● **Given records**
━━━━━━━━
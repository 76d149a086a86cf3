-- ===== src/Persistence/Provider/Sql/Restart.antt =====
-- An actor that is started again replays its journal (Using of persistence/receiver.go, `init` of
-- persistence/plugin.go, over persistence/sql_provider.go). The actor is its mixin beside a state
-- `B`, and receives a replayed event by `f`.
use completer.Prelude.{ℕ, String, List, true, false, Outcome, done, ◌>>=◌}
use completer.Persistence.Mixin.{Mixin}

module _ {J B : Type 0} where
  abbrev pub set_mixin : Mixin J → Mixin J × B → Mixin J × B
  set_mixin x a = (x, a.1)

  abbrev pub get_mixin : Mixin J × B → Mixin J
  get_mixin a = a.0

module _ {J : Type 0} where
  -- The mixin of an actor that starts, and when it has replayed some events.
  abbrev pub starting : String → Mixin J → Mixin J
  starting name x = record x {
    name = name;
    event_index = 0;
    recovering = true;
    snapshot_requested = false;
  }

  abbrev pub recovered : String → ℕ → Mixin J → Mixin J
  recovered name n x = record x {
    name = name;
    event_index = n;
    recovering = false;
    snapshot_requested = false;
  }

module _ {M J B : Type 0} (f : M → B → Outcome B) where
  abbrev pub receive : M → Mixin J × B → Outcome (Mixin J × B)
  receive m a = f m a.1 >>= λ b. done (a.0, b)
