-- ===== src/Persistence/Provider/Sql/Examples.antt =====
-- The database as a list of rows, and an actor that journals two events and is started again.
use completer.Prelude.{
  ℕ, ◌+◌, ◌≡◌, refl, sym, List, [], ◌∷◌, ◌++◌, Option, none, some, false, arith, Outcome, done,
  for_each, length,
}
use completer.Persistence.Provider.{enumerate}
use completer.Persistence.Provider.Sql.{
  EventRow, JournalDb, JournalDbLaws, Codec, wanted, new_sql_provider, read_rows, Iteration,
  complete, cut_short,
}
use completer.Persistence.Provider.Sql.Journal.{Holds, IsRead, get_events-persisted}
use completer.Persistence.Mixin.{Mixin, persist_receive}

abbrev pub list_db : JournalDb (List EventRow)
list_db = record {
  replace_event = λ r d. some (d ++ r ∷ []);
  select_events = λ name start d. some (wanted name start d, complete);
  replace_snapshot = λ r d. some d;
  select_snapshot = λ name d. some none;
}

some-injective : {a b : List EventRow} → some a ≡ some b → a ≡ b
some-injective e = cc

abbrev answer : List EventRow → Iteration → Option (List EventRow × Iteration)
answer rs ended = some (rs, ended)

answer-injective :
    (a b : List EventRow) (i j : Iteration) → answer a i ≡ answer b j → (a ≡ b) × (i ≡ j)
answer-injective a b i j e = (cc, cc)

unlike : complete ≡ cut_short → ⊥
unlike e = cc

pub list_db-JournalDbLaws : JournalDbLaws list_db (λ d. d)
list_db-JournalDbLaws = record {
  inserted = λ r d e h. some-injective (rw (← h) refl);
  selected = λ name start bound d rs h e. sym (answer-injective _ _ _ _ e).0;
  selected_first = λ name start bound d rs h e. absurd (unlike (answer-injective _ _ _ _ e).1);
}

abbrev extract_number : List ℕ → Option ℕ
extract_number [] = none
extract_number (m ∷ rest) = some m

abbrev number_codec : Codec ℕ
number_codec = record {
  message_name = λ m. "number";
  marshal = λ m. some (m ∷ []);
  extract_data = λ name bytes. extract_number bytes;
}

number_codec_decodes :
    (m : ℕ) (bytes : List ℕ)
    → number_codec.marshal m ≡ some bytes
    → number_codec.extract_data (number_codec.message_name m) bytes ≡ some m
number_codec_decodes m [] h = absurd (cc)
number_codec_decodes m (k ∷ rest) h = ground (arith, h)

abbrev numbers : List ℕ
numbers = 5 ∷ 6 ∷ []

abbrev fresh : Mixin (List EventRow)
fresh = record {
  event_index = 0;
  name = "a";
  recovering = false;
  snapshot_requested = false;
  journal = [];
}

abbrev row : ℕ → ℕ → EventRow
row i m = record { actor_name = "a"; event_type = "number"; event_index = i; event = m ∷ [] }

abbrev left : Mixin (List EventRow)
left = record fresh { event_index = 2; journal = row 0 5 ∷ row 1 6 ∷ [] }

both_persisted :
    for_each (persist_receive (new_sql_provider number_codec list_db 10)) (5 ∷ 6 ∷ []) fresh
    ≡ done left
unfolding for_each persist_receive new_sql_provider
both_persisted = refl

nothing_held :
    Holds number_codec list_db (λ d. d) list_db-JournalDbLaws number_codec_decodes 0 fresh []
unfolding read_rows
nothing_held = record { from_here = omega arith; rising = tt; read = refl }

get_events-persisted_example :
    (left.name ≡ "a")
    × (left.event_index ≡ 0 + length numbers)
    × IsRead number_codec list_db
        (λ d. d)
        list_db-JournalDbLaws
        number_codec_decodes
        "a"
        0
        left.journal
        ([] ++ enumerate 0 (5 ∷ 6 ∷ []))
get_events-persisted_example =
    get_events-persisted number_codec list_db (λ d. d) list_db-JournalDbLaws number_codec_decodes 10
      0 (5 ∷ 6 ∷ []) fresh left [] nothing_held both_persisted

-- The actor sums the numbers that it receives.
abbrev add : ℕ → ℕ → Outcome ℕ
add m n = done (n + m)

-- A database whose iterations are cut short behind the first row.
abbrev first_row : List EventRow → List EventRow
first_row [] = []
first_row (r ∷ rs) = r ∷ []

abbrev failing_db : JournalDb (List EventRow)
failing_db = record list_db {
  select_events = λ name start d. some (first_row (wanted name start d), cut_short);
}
━━━━━━━━
● **What is expected**
Start to finish, give the listing again exactly.

● **Expected answer**
repository 76d149a086a86cf3
-- ===== src/Persistence/Provider/Sql/Restart.antt =====
-- An actor that is started again replays its journal (Using of persistence/receiver.go, `init` of
-- persistence/plugin.go, over persistence/sql_provider.go). The actor is its mixin beside a state
-- `B`, and receives a replayed event by `f`.
use completer.Prelude.{ℕ, String, List, true, false, Outcome, done, ◌>>=◌}
use completer.Persistence.Mixin.{Mixin}

module _ {J B : Type 0} where
  abbrev pub set_mixin : Mixin J → Mixin J × B → Mixin J × B
  set_mixin x a = (x, a.1)

  abbrev pub get_mixin : Mixin J × B → Mixin J
  get_mixin a = a.0

module _ {J : Type 0} where
  -- The mixin of an actor that starts, and when it has replayed some events.
  abbrev pub starting : String → Mixin J → Mixin J
  starting name x = record x {
    name = name;
    event_index = 0;
    recovering = true;
    snapshot_requested = false;
  }

  abbrev pub recovered : String → ℕ → Mixin J → Mixin J
  recovered name n x = record x {
    name = name;
    event_index = n;
    recovering = false;
    snapshot_requested = false;
  }

module _ {M J B : Type 0} (f : M → B → Outcome B) where
  abbrev pub receive : M → Mixin J × B → Outcome (Mixin J × B)
  receive m a = f m a.1 >>= λ b. done (a.0, b)
-- ===== src/Persistence/Provider/Sql/Examples.antt =====
-- The database as a list of rows, and an actor that journals two events and is started again.
use completer.Prelude.{
  ℕ, ◌+◌, ◌≡◌, refl, sym, List, [], ◌∷◌, ◌++◌, Option, none, some, false, arith, Outcome, done,
  for_each, length,
}
use completer.Persistence.Provider.{enumerate}
use completer.Persistence.Provider.Sql.{
  EventRow, JournalDb, JournalDbLaws, Codec, wanted, new_sql_provider, read_rows, Iteration,
  complete, cut_short,
}
use completer.Persistence.Provider.Sql.Journal.{Holds, IsRead, get_events-persisted}
use completer.Persistence.Mixin.{Mixin, persist_receive}

abbrev pub list_db : JournalDb (List EventRow)
list_db = record {
  replace_event = λ r d. some (d ++ r ∷ []);
  select_events = λ name start d. some (wanted name start d, complete);
  replace_snapshot = λ r d. some d;
  select_snapshot = λ name d. some none;
}

some-injective : {a b : List EventRow} → some a ≡ some b → a ≡ b
some-injective e = cc

abbrev answer : List EventRow → Iteration → Option (List EventRow × Iteration)
answer rs ended = some (rs, ended)

answer-injective :
    (a b : List EventRow) (i j : Iteration) → answer a i ≡ answer b j → (a ≡ b) × (i ≡ j)
answer-injective a b i j e = (cc, cc)

unlike : complete ≡ cut_short → ⊥
unlike e = cc

pub list_db-JournalDbLaws : JournalDbLaws list_db (λ d. d)
list_db-JournalDbLaws = record {
  inserted = λ r d e h. some-injective (rw (← h) refl);
  selected = λ name start bound d rs h e. sym (answer-injective _ _ _ _ e).0;
  selected_first = λ name start bound d rs h e. absurd (unlike (answer-injective _ _ _ _ e).1);
}

abbrev extract_number : List ℕ → Option ℕ
extract_number [] = none
extract_number (m ∷ rest) = some m

abbrev number_codec : Codec ℕ
number_codec = record {
  message_name = λ m. "number";
  marshal = λ m. some (m ∷ []);
  extract_data = λ name bytes. extract_number bytes;
}

number_codec_decodes :
    (m : ℕ) (bytes : List ℕ)
    → number_codec.marshal m ≡ some bytes
    → number_codec.extract_data (number_codec.message_name m) bytes ≡ some m
number_codec_decodes m [] h = absurd (cc)
number_codec_decodes m (k ∷ rest) h = ground (arith, h)

abbrev numbers : List ℕ
numbers = 5 ∷ 6 ∷ []

abbrev fresh : Mixin (List EventRow)
fresh = record {
  event_index = 0;
  name = "a";
  recovering = false;
  snapshot_requested = false;
  journal = [];
}

abbrev row : ℕ → ℕ → EventRow
row i m = record { actor_name = "a"; event_type = "number"; event_index = i; event = m ∷ [] }

abbrev left : Mixin (List EventRow)
left = record fresh { event_index = 2; journal = row 0 5 ∷ row 1 6 ∷ [] }

both_persisted :
    for_each (persist_receive (new_sql_provider number_codec list_db 10)) (5 ∷ 6 ∷ []) fresh
    ≡ done left
unfolding for_each persist_receive new_sql_provider
both_persisted = refl

nothing_held :
    Holds number_codec list_db (λ d. d) list_db-JournalDbLaws number_codec_decodes 0 fresh []
unfolding read_rows
nothing_held = record { from_here = omega arith; rising = tt; read = refl }

get_events-persisted_example :
    (left.name ≡ "a")
    × (left.event_index ≡ 0 + length numbers)
    × IsRead number_codec list_db
        (λ d. d)
        list_db-JournalDbLaws
        number_codec_decodes
        "a"
        0
        left.journal
        ([] ++ enumerate 0 (5 ∷ 6 ∷ []))
get_events-persisted_example =
    get_events-persisted number_codec list_db (λ d. d) list_db-JournalDbLaws number_codec_decodes 10
      0 (5 ∷ 6 ∷ []) fresh left [] nothing_held both_persisted

-- The actor sums the numbers that it receives.
abbrev add : ℕ → ℕ → Outcome ℕ
add m n = done (n + m)

-- A database whose iterations are cut short behind the first row.
abbrev first_row : List EventRow → List EventRow
first_row [] = []
first_row (r ∷ rs) = r ∷ []

abbrev failing_db : JournalDb (List EventRow)
failing_db = record list_db {
  select_events = λ name start d. some (first_row (wanted name start d), cut_short);
}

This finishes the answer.